FDA issued a proposed rule to amend its regulations on acceptance of data from medical device clinical studies. The primary proposed changes include:
- Requiring that clinical studies conducted outside the United States to support any submission to FDA, including a 510(k) or IDE, be conducted in accordance with good clinical practices ("GCPs");
- Adopting a definition of GCPs;
- Amending the IDE and 510(k) regulations to address requirements for FDA acceptance of data from clinical studies conducted within the United States;
- For PMAs, updating standards for accepting data from outside the United States by replacing the requirement to be in compliance with the Declaration of Helsinki with compliance with GCPs;
- Amending Parts 807 and 812 to incorporate GCPs into the requirements for FDA acceptance of data from studies outside the United States to support a 510(k) or IDE; and
- Amending Part 812 to impose different requirements for nonsignificant risk versus significant risk studies conducted outside the United States, mirroring the current IDE regulations.
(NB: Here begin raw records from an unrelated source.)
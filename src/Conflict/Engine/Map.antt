-- ===== src/Conflict/Engine/Map.antt =====
-- The engine as a map: what each operation does to the footprint of each id.
use vai.Common.{
  ℕ, ◌≡◌, refl, ◌∙◌, inl, inr, none, some, Bool, false, List, [], ◌∷◌, String, any, nat_eq,
  if◌then◌else◌, arith, Bool-cases,
}
use vai.Common.Sets.{set_of-IsDistinct}
use vai.Conflict.Classify.{IsScope}
use vai.Conflict.Engine.{
  ConflictEngine, get_scope, remove_workspace, write_scope, updated, update_scope,
}

-- After `update_scope` the id has the new intent and exactly the given files, and keeps the entities
-- and the blast radius that it had (none if it is new); every other id has the footprint it had.
pub get_scope-update_scope :
    (id j : ℕ) (intent : String) (path_list : List String) (m : ConflictEngine)
    → get_scope j (update_scope id intent path_list m).0
      ≡ (if nat_eq id j then some (updated id intent path_list m) else get_scope j m)
unfolding update_scope write_scope get_scope
get_scope-update_scope id j intent path_list [] = ground arith
get_scope-update_scope id j intent path_list ((k, s) ∷ m) =
    ground (arith, get_scope-update_scope id j intent path_list m)

-- After `remove_workspace` the id has no footprint, and every other id has the one it had.
pub get_scope-remove_workspace :
    (id j : ℕ) (m : ConflictEngine)
    → get_scope j (remove_workspace id m) ≡ (if nat_eq id j then none else get_scope j m)
unfolding remove_workspace get_scope
get_scope-remove_workspace id j [] = ground arith
get_scope-remove_workspace id j ((k, s) ∷ m) = ground (arith, get_scope-remove_workspace id j m)

-- No entry has the key.
abbrev pub has_key : ℕ → ConflictEngine → Bool
has_key id m = any (λ entry. nat_eq entry.0 id) m

-- Each footprint stands under its own id, no id stands twice, and the sets are proper.
abbrev pub IsKeyed : ConflictEngine → Type 0
IsKeyed [] = Unit
IsKeyed ((j, s) ∷ m) = (s.workspace_id ≡ j) × (has_key j m ≡ false) × IsScope s × IsKeyed m

has_key-write_scope :
    (id j : ℕ) (intent : String) (path_list : List String) (m : ConflictEngine)
    → nat_eq id j ≡ false
    → has_key j (write_scope id intent path_list m) ≡ has_key j m
unfolding write_scope
has_key-write_scope id j intent path_list [] h = ground arith
has_key-write_scope id j intent path_list ((k, s) ∷ m) h =
    ground (arith, has_key-write_scope id j intent path_list m h)

write_scope-IsKeyed :
    (id : ℕ) (intent : String) (path_list : List String) (m : ConflictEngine)
    → IsKeyed m
    → IsKeyed (write_scope id intent path_list m)
unfolding write_scope
write_scope-IsKeyed id intent path_list [] k =
    (refl, refl, record { files = set_of-IsDistinct path_list; entities = tt }, tt)
write_scope-IsKeyed id intent path_list ((j, s) ∷ m) k = elim (Bool-cases (nat_eq j id)) [
  | inl same ↦
      rw same
        (k.0, k.1, record { files = set_of-IsDistinct path_list; entities = k.2.entities }, k.3)
  | inr other ↦ rw other (
    k.0,
    has_key-write_scope id j intent path_list m (ground arith) ∙ k.1,
    k.2,
    write_scope-IsKeyed id intent path_list m k.3,
  )
]

has_key-remove_workspace :
    (id j : ℕ) (m : ConflictEngine)
    → has_key j m ≡ false
    → has_key j (remove_workspace id m) ≡ false
unfolding remove_workspace
has_key-remove_workspace id j [] h = refl
has_key-remove_workspace id j ((k, s) ∷ m) h = ground (arith, has_key-remove_workspace id j m)

remove_workspace-IsKeyed :
    (id : ℕ) (m : ConflictEngine) → IsKeyed m → IsKeyed (remove_workspace id m)
unfolding remove_workspace
remove_workspace-IsKeyed id [] k = tt
remove_workspace-IsKeyed id ((j, s) ∷ m) k = elim (Bool-cases (nat_eq j id)) [
  | inl same ↦ rw same (remove_workspace-IsKeyed id m k.3)
  | inr other ↦
      rw other (k.0, has_key-remove_workspace id j m k.1, k.2, remove_workspace-IsKeyed id m k.3)
]

-- Both operations keep an engine in which each footprint stands under its own id, no id stands twice,
-- and the sets of files and entities hold each text once.
pub engine-IsKeyed :
    (id : ℕ) (intent : String) (path_list : List String) (m : ConflictEngine)
    → IsKeyed m
    → IsKeyed (update_scope id intent path_list m).0 × IsKeyed (remove_workspace id m)
unfolding update_scope
engine-IsKeyed id intent path_list m k =
    (write_scope-IsKeyed id intent path_list m k, remove_workspace-IsKeyed id m k)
FDA believes that taking these steps will “help provide greater assurance of the quality and integrity of the data obtained from clinical studies conducted outside the United States and submitted in support of an application or submission to FDA.” By eliminating the requirement to comply with the Declaration of Helsinki and replacing it with the GCP standard “provides a unifying approach, which may simply [trials outside the United States] and decrease the regulatory burden on sponsors.” The GCP requirements also will make acceptance of foreign data for device studies more consistent with those for drugs and biologics.